We see that the condition of conformal invariance does not admit in
(4.2) the conventional gravitational Einstein lagrangian
$$L=\kappa^{-2} R\sqrt{-g}, \hskip1cm \kappa^2=16\pi G. \eqno (4.12)$$

It was shown however by Stelle \cite{Stelle} that quantum gravity
sector contained in (4.2) is perturbatively renormalizable whereas the
quantum gravity defined by the Einstein lagrangian (4.12) coupled with
matter is nonrenormalizable \cite{deser}.  Hence, for a time being it
is an open question which form of gravitational interaction is more
proper on the quantum level.  We show in Section 7 that the Einstein
lagrangian (4.12) may be reproduced by Penrose term if the physical
scale is properly determined.  In Section 8 we discuss the role of
quantum effects which may reproduce the lagrangian (4.12) and give
the classical Einstein theory as the effective induced gravity.

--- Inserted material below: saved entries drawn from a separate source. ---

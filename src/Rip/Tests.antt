-- ===== src/Rip/Tests.antt =====
-- The theorems on RIP98 at two routes to the network 44, of which one is deleted.
use linuxax.Prelude.{◌≡◌, ◌++◌, true, List, [], ◌∷◌, some, length, arith, refl, All, map}
use linuxax.Rip.{Route, orig_route, del_route, build_header, put_entry, is_deleted}
use linuxax.Rip.Message.{FitsEntry, message_of, live}
use linuxax.Rip.Transmit.{transmit_from, fill_message, transmit_routes}
use linuxax.Rip.Transmit.Chunks.{flatten, IsChunk, to_each, transmit_routes-Sends}
use linuxax.Rip.Receive.{Request, is_dest, del_requests, add_requests, receive_routes}
use linuxax.Rip.Receive.RoundTrip.{learn_all, receive_routes-message_of}

abbrev ampr : Route
ampr = record { addr = 0x2c000000; bits = 8; metric = 3; action = orig_route }

abbrev gone : Route
gone = record { addr = 0x2c820000; bits = 16; metric = 5; action = del_route }

transmit_routes-Sends_example :
    (chunks : List (List Route)) × (transmit_routes (9 ∷ 7 ∷ []) (gone ∷ ampr ∷ [])
      ≡ some (to_each (9 ∷ 7 ∷ []) (map message_of chunks)))
    × (flatten chunks ≡ live (gone ∷ ampr ∷ []))
    × All IsChunk chunks
transmit_routes-Sends_example = transmit_routes-Sends (9 ∷ 7 ∷ []) (gone ∷ ampr ∷ [])

-- One message with the one entry.
sent_one :
    transmit_from 2 (gone ∷ ampr ∷ []) ≡ some ((2 ∷ 98 ∷ 0 ∷ 0 ∷ 44 ∷ 0 ∷ 0 ∷ 0 ∷ 8 ∷ 3 ∷ []) ∷ [])
unfolding transmit_from fill_message build_header put_entry is_deleted
sent_one = refl

ampr-FitsEntry : FitsEntry ampr
ampr-FitsEntry = record { addr = omega arith; bits = omega arith; metric = omega arith }

known : is_dest 7 (9 ∷ 7 ∷ []) ≡ true
unfolding is_dest
known = refl

receive_routes-message_of_example :
    (rs' : List Route) × (added : List Request) × (learn_all true (ampr ∷ []) (gone ∷ [])
      ≡ some rs')
    × (add_requests 7 rs' ≡ some added)
    × (receive_routes true
          (9 ∷ 7 ∷ [])
          (message_of (ampr ∷ []) ++ (0 ∷ 0 ∷ []))
          (length (message_of (ampr ∷ [])))
          7
          (gone ∷ [])
        ≡ some (rs', del_requests rs' ++ added))
receive_routes-message_of_example =
    receive_routes-message_of true (9 ∷ 7 ∷ []) (ampr ∷ []) (0 ∷ 0 ∷ []) 7 (gone ∷ [])
      (ampr-FitsEntry, tt) (omega arith, tt) (omega arith, tt) known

Notice that conformal symmetry implies that all coupling constants in
the present model are dimensionless.


The theory given by (4.2) is our conformally invariant proposition
alternative to the standard Higgs--like theory with SSB.  Its new,
most important feature is the local conformal invariance.  It means
that simultaneous rescaling of all fields (including the field of
metric tensor) with a common, arbitrary, space--time dependent factor
$\Omega(x)$ taken with a proper power for each field (the conformal
weight) will leave the Lagrangian (4.2) unaffected.  The symmetry has
a clear and obvious physical meaning \cite{narlikar}, \cite{wald}.  It
changes in every point of the space--time all dimensional quantities
(lengths, masses, energy levels, etc) leaving theirs ratios unchanged.
It reflexes the deep truth of the nature that nothing except the
numbers has an independent physical meaning.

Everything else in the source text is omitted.